EXERCISE REQUIREMENTS » Pull every line from the records that has the word "Reader" in it.

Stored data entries
-- ===== src/Storage/RoundTrip.antt =====
-- A segment that is uploaded to a node and read from it (internal/storage/service.go), through the
-- methods of its server.
use tritontube.Base.{
  ℕ, Str, Int64, List, [], ◌∷◌, Option, none, some, Map, lookup, ◌⊎◌, inl, inr, ◌≡◌, refl, ap, sym,
  ◌∙◌,
}
use tritontube.Base.Sort.{SliceSort}
use tritontube.Chash.{hash_less}
use tritontube.Cluster.{RingState, assignment_less}
use tritontube.Storage.Types.{
  SegmentLocator, open_failed, UploadSegmentRequest, UploadSegmentResponse, GetSegmentRequest, ok,
  err, get_header,
}
use tritontube.Storage.Files
use tritontube.Storage.Files.{PutResult}
use tritontube.Storage.Writes
use tritontube.Storage.Upload.{
  Incoming, message, receive, Checked, check_header, receive_header, tail, Environment, Service,
  after_put, after_receive, after_header, put_payload, upload_segment,
}
use tritontube.Storage.Segments.{
  send_all, answer_at, marks, get_located, Reader, bytes_of, end_of, chunks, eofs, get_segment,
  get_segment_lem,
}
use tritontube.Storage.Server.{State, StorageServiceServer, storage_service}

module _ {S : Type 0} (env : Environment) (service : Service S) where
  -- An upload that is answered has written its file.
  answered-stored :
      (checked : Checked) (payload : Str) (files : Map Str) (s : S)
      (response : UploadSegmentResponse)
      → (after_receive env service checked (ok payload) files s).1 ≡ ok response
      → (put_payload env service checked payload files).1.error ≡ none
  unfolding after_receive after_put
  answered-stored checked payload files s response h = by_error _ refl h
    where
      by_error :
          (e : Option Str)
          → (put_payload env service checked payload files).1.error ≡ e
          → (after_put env service e checked payload
              (put_payload env service checked payload files).1
              s).1
            ≡ ok response
          → (put_payload env service checked payload files).1.error ≡ none
      by_error none p q = p
      by_error (some e) p q = cc

  uploaded :
      (request : UploadSegmentRequest) (stream : List Incoming) (checked : Checked) (payload : Str)
      (files : Map Str) (s : S)
      → check_header (get_header request) ≡ ok checked
      → receive stream [] ≡ ok payload
      → upload_segment env service (message request ∷ stream) files s
        ≡ after_receive env service checked (ok payload) files s
  unfolding upload_segment receive_header after_header tail
  uploaded request stream checked payload files s h r =
      ap (λ o. after_header env service o stream files s) h
      ∙ ap (λ o. after_receive env service checked o files s) r

  -- The file of the segment after the upload
  upload_file :
      (request : UploadSegmentRequest) (stream : List Incoming) (checked : Checked) (payload : Str)
      (files : Map Str) (s : S) (response : UploadSegmentResponse)
      → check_header (get_header request) ≡ ok checked
      → receive stream [] ≡ ok payload
      → env.calls.copy ≡ none
      → (upload_segment env service (message request ∷ stream) files s).1 ≡ ok response
      → lookup
          (env.full_path checked.locator.bucket checked.locator.object)
          (upload_segment env service (message request ∷ stream) files s).0.0
        ≡ some payload
  unfolding after_receive
  upload_file request stream checked payload files s response h r copied answered =
      let run = uploaded request stream checked payload files s h r in
      ap (λ p. lookup (env.full_path checked.locator.bucket checked.locator.object) p.0.0) run
      ∙ Writes.put_ok env.hex_sha256 env.calls
          (env.full_path checked.locator.bucket checked.locator.object) payload files copied
          (answered-stored checked payload files s response (ap (λ p. p.1) (sym run) ∙ answered))

-- A read of a file that can be opened
opened :
    (send_error : ℕ → Option Str) (req : GetSegmentRequest) (l : SegmentLocator) (r : Reader)
    (open_file : Str → Str → Reader ⊎ Str)
    → req.locator ≡ some l
    → open_file l.bucket l.object ≡ inl r
    → get_segment send_error (some req) open_file
      ≡ get_segment send_error (some req) (λ bucket object. inl r)
unfolding get_segment get_located
opened send_error req l r open_file located found = rw located (
    ap
      (λ (o : Reader ⊎ Str). elim o [
        | inl r ↦ send_all send_error r []
        | inr e ↦ ([], err (open_failed e))
      ])
      found)

module _ {S : Type 0} (env : Environment) (service : Service S) (sha1 : Str → List ℕ)
    (by_hash : SliceSort hash_less) (by_token : SliceSort assignment_less)
    (encode : RingState → Option Str) (decode : Str → Option RingState)
    (open_file : Option Str → Reader ⊎ Str) (lease : Int64) (now plan_id : Str) where
  abbrev pub server : StorageServiceServer (State S)
  server =
      storage_service env service sha1 by_hash by_token encode decode open_file (λ n. none) lease
        now plan_id

  -- A segment with a sound header is uploaded over a whole stream to a node where no copy of a body
  -- fails. If the upload is answered, a read of its locator, over a stream on which no send fails,
  -- delivers exactly the payload, marks its end once and succeeds, whatever replicas failed. A file
  -- that is there can be opened and read to its end.
  pub get_segment-upload_segment :
      (request : UploadSegmentRequest) (stream : List Incoming) (checked : Checked) (payload : Str)
      (w : State S) (response : UploadSegmentResponse) (req : GetSegmentRequest) (r : Reader)
      → check_header (get_header request) ≡ ok checked
      → receive stream [] ≡ ok payload
      → env.calls.copy ≡ none
      → open_file (some payload) ≡ inl r
      → bytes_of r ≡ payload
      → end_of r ≡ none
      → req.locator ≡ some checked.locator
      → let upload = server.upload_segment (message request ∷ stream) w in
        upload.1 ≡ ok response
        → let sent = (server.get_segment (some req) upload.0).1 in
          (chunks sent.0 ≡ payload) × (eofs sent.0 ≡ 1) × (sent.1 ≡ ok tt)
  unfolding storage_service Files.get
  get_segment-upload_segment request stream checked payload w response req r h p copied found bytes
        end located answered =
      let at_node : Service S = record service { ring = w.ring } in
      let file =
        upload_file env at_node request stream checked payload w.files w.metadata response h p
          copied answered in
      let files = (upload_segment env at_node (message request ∷ stream) w.files w.metadata).0.0 in
      let sent = get_segment_lem req checked.locator r located in
      let run =
        opened (λ n. none) req checked.locator r
          (λ bucket object. open_file (Files.get (env.full_path bucket object) files)) located
          (ap open_file file ∙ found) in
      rw run (sent.0 ∙ bytes, sent.1 ∙ ap marks end, sent.2 ∙ ap answer_at end)
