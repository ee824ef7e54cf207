-- ===== src/Storage/Local.antt =====
-- `localStream` and `InvokeUploadSegment` of internal/storage/proto/storage.pb.go. After the last
-- request `Recv` returns a nil message and no error, so the loop of `UploadSegment` ends only at a
-- commit: it runs on fuel here, one unit for each call of `Recv`.
use tritontube.Base.{
  false≢true, ℕ, zero, suc, ◌≤◌, Str, true, false, List, [], ◌∷◌, ◌++◌, Option, none, some, Map,
  map, any, length, if◌then◌else◌, arith, ◌≡◌, refl, ap, sym, ◌∙◌, Bool-cases, inl, inr,
}
use tritontube.Storage.Types.{
  UploadSegmentRequest, UploadSegmentResponse, Result, ok, err, get_header, get_chunk, get_commit,
  missing_header,
}
use tritontube.Storage.Upload.{
  message, receive, Checked, check_header, receive_header, Service, Environment, after_receive,
  after_header, upload_segment, tail,
}

-- The loop of `UploadSegment` on a local stream; `none` where the fuel is spent.
unfoldable pub receive_local : ℕ → List UploadSegmentRequest → Str → Option Str
unfolding get_commit get_chunk
receive_local zero reqs payload = none
receive_local (suc fuel) [] payload = receive_local fuel [] payload
receive_local (suc fuel) (msg ∷ reqs) payload =
    let collected = payload ++ get_chunk msg in
    let rest = receive_local fuel reqs collected in if get_commit msg then some collected else rest

-- The header of a local stream: the nil message of an empty one has none.
unfoldable pub local_header : List UploadSegmentRequest → Result Checked
unfolding check_header get_header
local_header [] = err missing_header
local_header (msg ∷ reqs) = check_header (get_header msg)

abbrev pub rest_of : List UploadSegmentRequest → List UploadSegmentRequest
rest_of [] = []
rest_of (msg ∷ reqs) = reqs

module _ {S : Type 0} (env : Environment) (service : Service S) where
  abbrev pub Ended : Type 0
  Ended = (Map Str × S) × Result UploadSegmentResponse

  -- `UploadSegment` once the payload is there, if the loop ends
  unfoldable pub local_payload : Checked → Option Str → Map Str → S → Option Ended
  unfolding after_receive
  local_payload checked none files s = none
  local_payload checked (some payload) files s =
      some (after_receive env service checked (ok payload) files s)

  unfoldable pub local_checked :
      Result Checked → ℕ → List UploadSegmentRequest → Map Str → S → Option Ended
  unfolding local_payload receive_local
  local_checked (err e) fuel reqs files s = some ((files, s), err e)
  local_checked (ok checked) fuel reqs files s =
      local_payload checked (receive_local fuel reqs []) files s

  -- `InvokeUploadSegment`. The response that the service closes the stream with is the answer.
  unfoldable pub invoke_upload_segment : ℕ → List UploadSegmentRequest → Map Str → S → Option Ended
  unfolding local_checked local_header
  invoke_upload_segment fuel reqs files s =
      local_checked (local_header reqs) fuel (rest_of reqs) files s

-- With a commit the loop needs no more fuel than there are requests, and collects what the loop on
-- a stream that ends collects.
receive_local-committed :
    (fuel : ℕ) (reqs : List UploadSegmentRequest) (payload : Str)
    → length reqs ≤ fuel
    → any get_commit reqs ≡ true
    → (all : Str) × (receive_local fuel reqs payload ≡ some all)
      × (receive (map message reqs) payload ≡ ok all)
unfolding receive_local receive
receive_local-committed fuel [] payload h c = cc
receive_local-committed zero (msg ∷ reqs) payload h c = absurd (omega arith)
receive_local-committed (suc fuel) (msg ∷ reqs) payload h c = elim (Bool-cases (get_commit msg)) [
  | inl done ↦ (payload ++ get_chunk msg, rw done refl, rw done refl)
  | inr more ↦
      rw more
        (receive_local-committed fuel reqs (payload ++ get_chunk msg) (omega arith) (rw more at c))
]

-- Without a commit no amount of fuel is enough.
receive_local-spins :
    (fuel : ℕ) (reqs : List UploadSegmentRequest) (payload : Str)
    → any get_commit reqs ≡ false
    → receive_local fuel reqs payload ≡ none
unfolding receive_local
receive_local-spins zero reqs payload c = refl
receive_local-spins (suc fuel) [] payload c = receive_local-spins fuel [] payload c
receive_local-spins (suc fuel) (msg ∷ reqs) payload c = elim (Bool-cases (get_commit msg)) [
  | inl done ↦ absurd (false≢true (sym (rw done at c)))
  | inr more ↦ rw more (receive_local-spins fuel reqs (payload ++ get_chunk msg) (rw more at c))
]

module _ {S : Type 0} (env : Environment) (service : Service S) where
  -- After a sound header, `InvokeUploadSegment` returns exactly if one of the later requests is a
  -- commit. With a commit it returns within as many calls of `Recv` as there are requests, with the
  -- outcome of the same upload over a stream that ends. Without one it never returns, although an
  -- upload over a stream that ends does.
  pub invoke_upload_segment_returns :
      (msg : UploadSegmentRequest) (reqs : List UploadSegmentRequest) (checked : Checked)
      (files : Map Str) (s : S)
      → check_header (get_header msg) ≡ ok checked
      → ((fuel : ℕ)
          → length reqs ≤ fuel
          → any get_commit reqs ≡ true
          → invoke_upload_segment env service fuel (msg ∷ reqs) files s
            ≡ some (upload_segment env service (map message (msg ∷ reqs)) files s))
        × ((fuel : ℕ)
            → any get_commit reqs ≡ false
            → invoke_upload_segment env service fuel (msg ∷ reqs) files s ≡ none)
  unfolding invoke_upload_segment upload_segment local_header receive_header tail local_checked
      after_header
  invoke_upload_segment_returns msg reqs checked files s h = (
    λ fuel enough c.
        let r = receive_local-committed fuel reqs [] enough c in
        ap (λ o. local_checked env service o fuel reqs files s) h
        ∙ ap (λ o. local_payload env service checked o files s) r.1
        ∙ ap (λ o. some (after_receive env service checked o files s)) (sym r.2)
        ∙ ap (λ o. some (after_header env service o (map message reqs) files s)) (sym h),
    λ fuel c.
        ap (λ o. local_checked env service o fuel reqs files s) h
        ∙ ap (λ o. local_payload env service checked o files s)
            (receive_local-spins fuel reqs [] c),
  )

ANSWER SPACE »
  send_all, answer_at, marks, get_located, Reader, bytes_of, end_of, chunks, eofs, get_segment,
    (send_error : ℕ → Option Str) (req : GetSegmentRequest) (l : SegmentLocator) (r : Reader)
    (open_file : Str → Str → Reader ⊎ Str)
      (λ (o : Reader ⊎ Str). elim o [
    (open_file : Option Str → Reader ⊎ Str) (lease : Int64) (now plan_id : Str) where
      (w : State S) (response : UploadSegmentResponse) (req : GetSegmentRequest) (r : Reader)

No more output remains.